**YOUR INSTRUCTIONS:** Gather all lines from the material that contain the word "Outcome".

**RECORD EXCERPTS:**

-- ===== src/Tokenizer/SentencePiece/RoundTrip.antt =====
-- What the SentencePiece backend of src/tokenizer/mod.rs encodes, it decodes to the bytes of the text.
use project_willamette.Prelude.{
  ℕ, suc, ◌+◌, ◌*◌, ◌/◌, ◌%◌, ◌≤◌, ◌<◌, ◌≡◌, ◌⊎◌, refl, sym, ap, ◌∙◌, arith, Bool, true, false,
  Option, none, some, List, [], ◌∷◌, ◌++◌, length, concat, get_elem?, All, ◌==◌, ==_iff,
  if◌then◌else◌, Bool-cases, Option-cases, inl, inr,
}
use mathlib.Core.Path.{subst}
use mathlib.Core.List.{append_assoc, append-nil}
use project_willamette.Gguf.Result.{ok}
use project_willamette.Gguf.Outcome
use project_willamette.Gguf.Outcome.{unless_panic, >>=-eq-pure}
use project_willamette.Sampling.State.{Floats}
use project_willamette.Tokenizer.Bpe.Merged.{some-injective}
use project_willamette.Tokenizer.Pretokenize.Qwen2.{Text}
use project_willamette.Tokenizer.Vocabulary.{
  as_bytes, utf8_char, as_bytes-append, as_bytes-bytes, char_end, token_id, token_id-get, u32_mod,
}
use project_willamette.Tokenizer.Gpt2.Complete.{IsKnown}
use project_willamette.Tokenizer.SentencePiece.{
  SentencePiece, Symbols, replace_char, space_mark, normalized_text, symbols_of_chars,
  merge_symbols, hex_digit, byte_piece, unwrap_id, fallback_ids, emit_sentencepiece_symbol,
  emit_all, is_empty_text, encode_sentencepiece, digit_value, hex_pair, parse_byte_piece,
  piece_bytes, decode_sentencepiece, without_prefix,
}
use project_willamette.Tokenizer.SentencePiece.Merging.{flatten, merge_symbols-Merged}

replace_char-append :
    (a b : ℕ) (s t : Text) → replace_char a b (s ++ t) ≡ replace_char a b s ++ replace_char a b t
unfolding replace_char
replace_char-append a b [] t = refl
replace_char-append a b (c ∷ s) t =
    ap (λ r. (if c == a then b else c) ∷ r) (replace_char-append a b s t)

-- A text without the mark.
abbrev pub IsUnmarked : Text → Type 0
IsUnmarked s = All (λ c. (c < char_end) × ((c == space_mark) ≡ false)) s

replace_char-unmarked : (s : Text) → IsUnmarked s → replace_char space_mark 32 s ≡ s
unfolding replace_char
replace_char-unmarked [] h = refl
replace_char-unmarked (c ∷ s) h = rw h.0.1 (ap (λ r. c ∷ r) (replace_char-unmarked s h.1))

replace_char-back :
    (s : Text) → IsUnmarked s → replace_char space_mark 32 (replace_char 32 space_mark s) ≡ s
unfolding replace_char
replace_char-back [] h = refl
replace_char-back (c ∷ s) h = elim (Bool-cases (c == 32)) [
  | inl space ↦
      rw space
        (ap (λ r. 32 ∷ r) (replace_char-back s h.1) ∙ ap (λ d. d ∷ s) (sym ((==_iff c 32).0 space)))
  | inr other ↦ rw (other, h.0.1) (ap (λ r. c ∷ r) (replace_char-back s h.1))
]

hex_digit-value : (d : ℕ) → d < 16 → digit_value (hex_digit d) ≡ some d
unfolding digit_value hex_digit
hex_digit-value d h = ground arith

hex_digit-sign : (d : ℕ) → (hex_digit d == 43) ≡ false
unfolding hex_digit
hex_digit-sign d = ground arith

byte_piece-parse : (b : ℕ) → b < 256 → parse_byte_piece (byte_piece b) ≡ some b
unfolding parse_byte_piece byte_piece hex_pair
byte_piece-parse b h =
    rw
      (
        hex_digit-sign (b / 16),
        hex_digit-value (b / 16) (omega arith),
        hex_digit-value (b % 16) (omega arith),
      )
      (ap some {x = b / 16 * 16 + b % 16} {y = b} (omega arith))

-- The vocabulary has a piece of type 6 for each byte.
abbrev pub HasPieces : List Text → List ℕ → Type 0
HasPieces tokens types =
    (b : ℕ)
    → b < 256
    → (id : ℕ) × (token_id tokens (byte_piece b) ≡ some id) × (get_elem? types id ≡ some 6)

-- A symbol that is not a token of control or of a byte.
abbrev pub IsOrdinary : List Text → List ℕ → Text → Type 0
IsOrdinary tokens types s =
    (id : ℕ)
    → token_id tokens s ≡ some id
    → (t : ℕ) × (get_elem? types id ≡ some t) × ((t == 3) ≡ false) × ((t == 6) ≡ false)

-- A symbol that decodes: a token, or a text without the mark.
abbrev Settled : List Text → Text → Type 0
Settled tokens s = IsKnown tokens s ⊎ IsUnmarked s

module _ (tokens : List Text) (types : List ℕ) (fit : length tokens ≤ u32_mod)
    (pieces : HasPieces tokens types) where
  abbrev Decodes : List ℕ → List ℕ → Type 0
  Decodes ids bs = decode_sentencepiece tokens types ids ≡ some (ok bs)

  decode-step :
      (id : ℕ) (ids : List ℕ) (token : Text) (t : ℕ) (bs rest : List ℕ)
      → get_elem? tokens id ≡ some token
      → get_elem? types id ≡ some t
      → piece_bytes token t ≡ ok bs
      → Decodes ids rest
      → Decodes (id ∷ ids) (bs ++ rest)
  unfolding decode_sentencepiece
  decode-step id ids token t bs rest at type_at own later =
      rw (decode_sentencepiece, at, type_at, own, later) refl

  decode-append :
      (ids jds xs ys : List ℕ) → Decodes ids xs → Decodes jds ys → Decodes (ids ++ jds) (xs ++ ys)
  unfolding decode_sentencepiece
  decode-append [] jds xs ys h k = subst (λ xs. Decodes jds (xs ++ ys)) (nothing h) k
    where
      nothing : {xs : List ℕ} → some (ok []) ≡ some (ok xs) → [] ≡ xs
      nothing p = cc
  decode-append (id ∷ ids) jds xs ys h k = elim (Option-cases (get_elem? tokens id)) [
    | inl missing ↦ cc (rw (decode_sentencepiece, missing) at h)
    | inr (token, at) ↦
        let (t, t_ok, h1) =
          >>=-eq-pure (unless_panic (get_elem? types id)) _ (rw (decode_sentencepiece, at) at h) in
        let (own, own_ok, h2) = >>=-eq-pure (some (piece_bytes token t)) _ h1 in
        let (rest, rest_ok, eq) =
          >>=-eq-pure (decode_sentencepiece tokens types ids) (λ rest. Outcome.pure (own ++ rest))
            h2 in
        decode-step id (ids ++ jds) token t own (rest ++ ys) at (there (get_elem? types id) t t_ok)
          (some-injective own_ok) (decode-append ids jds rest ys rest_ok k)
        ∙ ap (λ l. some (ok l)) (sym (append_assoc own rest ys))
        ∙ ap (λ l. some (ok (l ++ ys))) (same eq)
  ]
    where
      there : (o : Option ℕ) (t : ℕ) → unless_panic o ≡ some (ok t) → o ≡ some t
      there none t p = cc
      there (some u) t p = cc

      same : {l m : List ℕ} → some (ok l) ≡ some (ok m) → l ≡ m
      same p = cc

  fallback-Decodes :
      (unknown : ℕ) (bs : List ℕ)
      → All (λ b. b < 256) bs
      → Decodes (fallback_ids unknown tokens bs) bs
  unfolding fallback_ids unwrap_id piece_bytes decode_sentencepiece
  fallback-Decodes unknown [] h = refl
  fallback-Decodes unknown (b ∷ bs) h =
      let (id, found, type_at) = pieces b h.0 in
      rw (fallback_ids, found)
        (decode-step id (fallback_ids unknown tokens bs) (byte_piece b) 6 (b ∷ []) bs
          (token_id-get tokens (byte_piece b) id fit found) type_at
          (rw (piece_bytes, byte_piece-parse b h.0) refl) (fallback-Decodes unknown bs h.1))

  unmarked_chars : (s : Text) → IsUnmarked s → All (λ c. c < char_end) s
  unmarked_chars [] h = tt
  unmarked_chars (c ∷ s) h = (h.0.0, unmarked_chars s h.1)

  known-Decodes :
      (unknown : ℕ) (s : Text) (id : ℕ)
      → token_id tokens s ≡ some id
      → IsOrdinary tokens types s
      → Decodes
          (emit_sentencepiece_symbol unknown tokens s)
          (as_bytes (replace_char space_mark 32 s))
  unfolding emit_sentencepiece_symbol piece_bytes decode_sentencepiece
  known-Decodes unknown s id found ordinary =
      let (t, type_at, not_control, not_byte) = ordinary id found in
      rw (emit_sentencepiece_symbol, found)
        (decode-step id [] s t (as_bytes (replace_char space_mark 32 s)) []
            (token_id-get tokens s id fit found) type_at
            (rw (piece_bytes, not_control, not_byte) refl) refl
          ∙ ap (λ l. some (ok l)) (append-nil (as_bytes (replace_char space_mark 32 s))))

  emit-Decodes :
      (unknown : ℕ) (s : Text)
      → IsOrdinary tokens types s
      → Settled tokens s
      → Decodes
          (emit_sentencepiece_symbol unknown tokens s)
          (as_bytes (replace_char space_mark 32 s))
  unfolding emit_sentencepiece_symbol
  emit-Decodes unknown s ordinary (inl (id, found)) = known-Decodes unknown s id found ordinary
  emit-Decodes unknown s ordinary (inr unmarked) = elim (Option-cases (token_id tokens s)) [
    | inr (id, found) ↦ known-Decodes unknown s id found ordinary
    | inl missing ↦
        rw (emit_sentencepiece_symbol, missing, replace_char-unmarked s unmarked)
          (fallback-Decodes unknown (as_bytes s) (as_bytes-bytes s (unmarked_chars s unmarked)))
  ]

  emit_all-Decodes :
      (unknown : ℕ) (symbols : Symbols)
      → All (IsOrdinary tokens types) (flatten symbols)
      → All (Settled tokens) (flatten symbols)
      → Decodes
          (emit_all unknown tokens symbols)
          (as_bytes (replace_char space_mark 32 (concat (flatten symbols))))
  unfolding emit_all decode_sentencepiece as_bytes replace_char
  emit_all-Decodes unknown [] o h = refl
  emit_all-Decodes unknown (none ∷ symbols) o h = emit_all-Decodes unknown symbols o h
  emit_all-Decodes unknown (some s ∷ symbols) o h =
      decode-append (emit_sentencepiece_symbol unknown tokens s) (emit_all unknown tokens symbols) _
        _ (emit-Decodes unknown s o.0 h.0) (emit_all-Decodes unknown symbols o.1 h.1)
      ∙ ap (λ l. some (ok l))
          (sym (
              as_bytes-append (replace_char space_mark 32 s)
                (replace_char space_mark 32 (concat (flatten symbols))))
            ∙ ap as_bytes (sym (replace_char-append space_mark 32 s (concat (flatten symbols)))))

-- The characters of a text with its spaces marked are settled, if the mark is a token.
marked-Settled :
    (tokens : List Text) (s : Text)
    → IsKnown tokens (space_mark ∷ [])
    → IsUnmarked s
    → All (Settled tokens) (flatten (symbols_of_chars (replace_char 32 space_mark s)))
unfolding symbols_of_chars replace_char
marked-Settled tokens [] known h = tt
marked-Settled tokens (c ∷ s) known h = elim (Bool-cases (c == 32)) [
  | inl space ↦ rw space (inl known, marked-Settled tokens s known h.1)
  | inr other ↦ rw other (inr (h.0, tt), marked-Settled tokens s known h.1)
]

concat-symbols_of_chars : (s : Text) → concat (flatten (symbols_of_chars s)) ≡ s
unfolding symbols_of_chars
concat-symbols_of_chars [] = refl
concat-symbols_of_chars (c ∷ s) = ap (λ r. c ∷ r) (concat-symbols_of_chars s)

length-symbols_of_chars :
    (s : Text) → length (flatten (symbols_of_chars s)) ≡ length (symbols_of_chars s)
unfolding symbols_of_chars
length-symbols_of_chars [] = refl
length-symbols_of_chars (c ∷ s) = ap suc (length-symbols_of_chars s)

-- The text as it is marked, with the space that may be added.
abbrev prefixed : Bool → Text → Text
prefixed add_space_prefix s = if add_space_prefix then 32 ∷ s else s

prefixed-IsUnmarked :
    (add_space_prefix : Bool) (s : Text) → IsUnmarked s → IsUnmarked (prefixed add_space_prefix s)
prefixed-IsUnmarked true s h = ((omega arith, refl), h)
prefixed-IsUnmarked false s h = h

prefix-removed :
    (add_space_prefix : Bool) (s : Text)
    → without_prefix add_space_prefix (as_bytes (prefixed add_space_prefix s)) ≡ as_bytes s
unfolding without_prefix as_bytes utf8_char
prefix-removed true s = refl
prefix-removed false s = kept (as_bytes s)
  where
    kept : (bs : List ℕ) → without_prefix false bs ≡ bs
    kept [] = refl
    kept (b ∷ bs) = refl

-- If the vocabulary has at most 2 ^ 32 tokens, with a score for each, a piece of type 6 for each byte and
-- the mark of a space, the text has characters without the mark, and none of the symbols that the
-- merges leave is a token of control or of a byte: the text is encoded without an error or a panic,
-- the ids decode, and without the space that was added in front, the bytes are those of the text.
pub decode_sentencepiece-encode_sentencepiece :
    {F : Type 0} (f : Floats F) (backend : SentencePiece F) (tokens : List Text) (text : Text)
    → length tokens ≤ u32_mod
    → length tokens ≤ length backend.scores
    → HasPieces tokens backend.token_types
    → IsKnown tokens (space_mark ∷ [])
    → IsUnmarked text
    → ((symbols : Symbols)
        → merge_symbols f
            (suc (length (symbols_of_chars (normalized_text backend.add_space_prefix text))))
            backend.scores
            tokens
            (symbols_of_chars (normalized_text backend.add_space_prefix text))
          ≡ some symbols
        → All (IsOrdinary tokens backend.token_types) (flatten symbols))
    → (ids : List ℕ) × (bytes : List ℕ) × (encode_sentencepiece f backend tokens text
        ≡ some (ok ids))
      × (decode_sentencepiece tokens backend.token_types ids ≡ some (ok bytes))
      × (without_prefix backend.add_space_prefix bytes ≡ as_bytes text)
unfolding encode_sentencepiece normalized_text is_empty_text decode_sentencepiece without_prefix
    as_bytes
decode_sentencepiece-encode_sentencepiece f backend tokens [] fit scored pieces mark unmarked
      ordinary =
    ([], [], refl, refl, refl)
decode_sentencepiece-encode_sentencepiece f backend tokens (c ∷ s) fit scored pieces mark unmarked
      ordinary =
    let add : Bool = backend.add_space_prefix in
    let text : Text = prefixed add (c ∷ s) in
    let plain = prefixed-IsUnmarked add (c ∷ s) unmarked in
    let symbols : Symbols = symbols_of_chars (replace_char 32 space_mark text) in
    let (merged, merged_ok, spelled, keeps) =
      merge_symbols-Merged f backend.scores tokens fit scored (suc (length symbols)) symbols
        (omega (arith, length-symbols_of_chars (replace_char 32 space_mark text))) in
    let settled =
      keeps (Settled tokens) (marked-Settled tokens text mark plain) (λ u known. inl known) in
    (
      emit_all backend.unknown_id tokens merged,
      as_bytes text,
      rw merged_ok refl,
      emit_all-Decodes tokens backend.token_types fit pieces backend.unknown_id merged
            (ordinary merged merged_ok) settled
          ∙ ap (λ t. some (ok (as_bytes (replace_char space_mark 32 t))))
              (spelled ∙ concat-symbols_of_chars (replace_char 32 space_mark text))
          ∙ ap (λ t. some (ok (as_bytes t))) (replace_char-back text plain),
      prefix-removed add (c ∷ s),
    )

**FINAL ANSWER:**
use project_willamette.Gguf.Outcome
use project_willamette.Gguf.Outcome.{unless_panic, >>=-eq-pure}
          >>=-eq-pure (decode_sentencepiece tokens types ids) (λ rest. Outcome.pure (own ++ rest))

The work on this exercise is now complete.